On the seventh I was hoping the sun would come out like the weather people said, finally at about 4 pm it did and i hooked into a nice hen. She was 22" and 6 1/4 lbs. . Fat as a football she was,pretty fresh too. Broke water once and ran about 25 yrds of line,the reel was a scream'n.

Hey gunrod was that my fish you mentioned from monday small male. Let me know next time you go to hur-roc. cya


Wally 
p.s. all fish taken on waxies w/jig below bobber.


----------



## gunrod (Jan 16, 2001)

Yeah steelyarn, I am the same guy who talked to you both days at Hu-Roc. I saw your name on that other site you mentioned talking about your fish. 
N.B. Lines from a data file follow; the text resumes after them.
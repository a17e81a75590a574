-- ===== src/Compare/Semantics.antt =====
-- `comparator_for` of src/compare/exact.cpp: the comparator of each semantic.
pub mod Ids
use mediadiff.Base.{Bool, List}
use mediadiff.Compare.{Comparator}
use mediadiff.Compare.Dist.{compare_dist}
use mediadiff.Compare.Exact.{compare_exact}
use mediadiff.Compare.Hash.{compare_hash}
use mediadiff.Compare.Simple.{compare_presence, compare_set, compare_state}
use mediadiff.Compare.Spans.{Flagged, compare_span}
use mediadiff.Compare.Tol.Run.{compare_tol}
use mediadiff.Core.Model.{Span, Vendor}
use mediadiff.Core.Registry.{Semantic, dist, exact, hash, presence, set, span, state, tol}

unfoldable pub comparator_for :
    (V : Vendor) → (List Span → Bool → Flagged (List Span)) → Semantic → Comparator V.Json
unfolding compare_exact compare_tol compare_set compare_presence compare_hash compare_dist
    compare_span compare_state
comparator_for V sort_spans exact = compare_exact V
comparator_for V sort_spans tol = compare_tol V
comparator_for V sort_spans set = compare_set V
comparator_for V sort_spans presence = compare_presence V
comparator_for V sort_spans hash = compare_hash V
comparator_for V sort_spans dist = compare_dist V
comparator_for V sort_spans span = compare_span V sort_spans
comparator_for V sort_spans state = compare_state V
Surprised you weren't back there today. You seem to be the only one having good luck. If it warms up this weekend everybody should be doing well there.


----------



## Woolybugger (Feb 26, 2001)

I went out to Huroc yesterday morning. Fished for about an hour and a half. Saw one guy hook two and another hook one below the coffer but didn't see anything landed. They said they were fishing with egg patterns or bright yarn. 
They are in there, all we need is some warm weather.


----------



## gunrod (Jan 16, 2001)

Fished Flat Rock today with no luck. I saw Steelyarn down there and he said he saw one landed. I saw one walleye taken which is a good sign. Generally the Steels are right behind the walleye. And of course the walleye have great timing, tomorrow is the last day to keep them. I will probably hook hundreds after Thursday.


----------



## soapbox27 (Feb 1, 2001)

Just wondered if there is any change on the conditions on the Huron...did anyone have any luck over the weekend? I'm thinking of heading down there by the end of the week or weekend depending on the weather of course and just wondered if anyone had any info...


-Matt


----------



## gunrod (Jan 16, 2001)

Soapbox, I was there today for a few hours. No steelies landed today but plenty of walleye and suckers. And now the dept of transportation has placed a barge under the bridge at telegraph to repair the bridge. In order to keep the barge floating the dam is open wide to keep water flowing. I heard fish are being caught farther down river though.


----------



## YPSIFLY (Feb 13, 2001)

Does anyone do any fishing on the backside of the park. I'm talking about the backwater section that looks like it may have been the original course of the river. It looks like it may hold some bass or catfish, I would imagine pike and muskie go in there as well. I thought I might give it a try this summer. Any suggestions?


----------



## gunrod (Jan 16, 2001)

You are right, I have talked with people who have caught walleye, pike, bass and crappie in the back waters. Talked with a guy last night who hooked 10 walleye (landed 8) yesterday. He had to let them all go but said that it was more fun than not catching steelies.


----------



## Woolybugger (Feb 26, 2001)

Talked to guys in Hu roc this evening. Nobody catching steelies, just walleye. I think the back water must be good for walleye. I saw guys with lanterns last week bypassing the mainstream and heading over to that side. It was the last for walleye.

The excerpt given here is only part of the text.